Did they even know about it? If they didn’t, it will be because Republicans lack representation in these institutions, and so nobody would have been there to raise the alarm. Or worse, did they know about it, and not say anything for fear of upsetting a massive potential voting bloc? Questions should be asked by conservative news outlets, to the extent they are at all capable of introspection on their side of the aisle.
This is an institutional reporting failure but you had to know to look for it. I missed it, too, and only caught it when my wife who works at a managed care organization told me about the disenrollments beginning this year.
Leaving aside the apparent lack of bipartisan Congressional input or even public input and comment into this massive expansion of government-run health care, overall this appears to explain the crude impacts of the prolonged economic lockdowns by states, which kept people out of the labor force much longer than was expected or was necessary, keeping children and adults locked in their homes so Democrats could achieve universal health insurance.
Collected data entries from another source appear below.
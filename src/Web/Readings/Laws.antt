-- ===== src/Web/Readings/Laws.antt =====
-- Which fields of a component leave the web client.
use Prim.Native.String.{String}
use text.Mathlib.Text.{◌==◌}
use text.Mathlib.TextEquality.{eq_iff}
use fronius_modbus.Common.{◌≡◌, refl, true, false, ◌||◌, List, [], ◌∷◌, arith, Bool-cases, inl, inr}
use fronius_modbus.Json.{
  Json, null, bool, int, str, arr, obj, Members, end, member, get, put, object_or_empty,
}
use fronius_modbus.Web.Text.{Text}
use fronius_modbus.Web.Flags.{has_text}
use fronius_modbus.Web.Readings.Row.{Component, inverter, storage}
use fronius_modbus.Web.Readings.{has_field, readable_fields, fields_of, component_readings}
use fronius_modbus.Web.Readings.First.{first_readings}
use fronius_modbus.Web.Readings.Second.{second_readings}
use fronius_modbus.Web.Readings.Taken.{keep_reading, taken, take_readings, reading_of, json_object}

has_field-put :
    (j key : String) (v : Json) (ms : Members)
    → has_field j (put key v ms) ≡ (key == j || has_field j ms)
unfolding has_field put
has_field-put j key v end = refl
has_field-put j key v (member k w rest) =
    ground (arith, has_field-put j key v rest, eq_iff k key, eq_iff key j, eq_iff k j)

has_field-keep_reading :
    (j key : String) (v : Json) (ms : Members)
    → has_field j (keep_reading key v ms) ≡ true
    → (key == j || has_field j ms) ≡ true
has_field-keep_reading j key null ms h = ground (arith, h)
has_field-keep_reading j key (bool b) ms h = ground (arith, has_field-put j key (bool b) ms)
has_field-keep_reading j key (int n) ms h = ground (arith, has_field-put j key (int n) ms)
has_field-keep_reading j key (Json.float x) ms h =
    ground (arith, has_field-put j key (Json.float x) ms)
has_field-keep_reading j key (str s) ms h = ground (arith, has_field-put j key (str s) ms)
has_field-keep_reading j key (arr xs) ms h = ground (arith, has_field-put j key (arr xs) ms)
has_field-keep_reading j key (obj ys) ms h = ground (arith, has_field-put j key (obj ys) ms)

module _ (t : Text) (j : String) where
  taken_listed :
      (fields : List String) (channels attributes nameplate : Members)
      → has_field j (taken t fields channels attributes nameplate) ≡ true
      → has_text j fields ≡ true
  unfolding taken has_text has_field
  taken_listed [] channels attributes nameplate h = h
  taken_listed (f ∷ fs) channels attributes nameplate h = ground (
    arith,
    has_field-keep_reading j f (reading_of t f channels attributes nameplate)
        (taken t fs channels attributes nameplate),
    taken_listed fs channels attributes nameplate,
  )

  -- Whatever a component answers, the web client hands on only the fields that COMPONENT_READINGS
  -- and STORAGE_DEVICE_FIELDS name for it.
  take_readings_listed :
      (device : Members) (c : Component)
      → has_field j (take_readings t device c) ≡ true
      → has_text j (readable_fields c) ≡ true
  unfolding take_readings
  take_readings_listed device c h =
      taken_listed (readable_fields c) (object_or_empty (get "channels" device))
        (object_or_empty (get "attributes" device))
        (json_object t (get "nameplate" (object_or_empty (get "attributes" device)))) h

serial_unlisted : (c : Component) → has_text "serial" (readable_fields c) ≡ false
unfolding has_text readable_fields fields_of component_readings first_readings second_readings
serial_unlisted inverter = refl
serial_unlisted storage = refl

-- The serial number of a device, which its attributes hold, is never handed on.
serial_withheld :
    (t : Text) (device : Members) (c : Component)
    → has_field "serial" (take_readings t device c) ≡ false
serial_withheld t device c = elim (Bool-cases (has_field "serial" (take_readings t device c))) [
  | inl h ↦ cc (take_readings_listed t "serial" device c h, serial_unlisted c)
  | inr h ↦ h
]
But the outcomes could not have been good, either. For every perfectly healthy working age adult who was enrolled in Medicaid, the system had to keep track of them as well as those needy and with special conditions, the developmentally disabled, the elderly — who were left waiting in line for evaluations and assessments. Labor turnover in the health profession has been abysmal and, anecdotally, federal workers unions have complained of being overworked. Now we know why.
Even the disenrollment, which the Department of Health and Human Services says could impact 15 million Americans, will tax the system, as every patient will have be reevaluated on the basis of income. Instead of dealing with real patients, the system will be tracking people down, who in turn will have a perverse incentive to conceal income and finances.
The 11 million plus job openings after Covid? Now we know why. With Medicaid coverage, many Americans who were put into the program might have been unaware of the continuous coverage provisions and either opted not to go back to work or did so off the books to retain the benefit long term — a perverse incentive. The amount of fraud that will be prevalent in the disenrollment alone will be gargantuan, all the while those elderly or infirmed who actually need the system will be left with lackluster care.
Hospitals were overwhelmed by Covid intake and also a lack of private insurance to pay for the costs, and then in turn dumped more than 20 million people into socialized medicine, drowning the bureaucracy and the public health system that was never supposed to administer to the healthy. President Joe Biden used this situation to prolong the national and public health emergencies indefinitely. Why wasn’t Congress raising the alarm bells?
Robert Romano is the Vice President of Public Policy at Americans for Limited Government.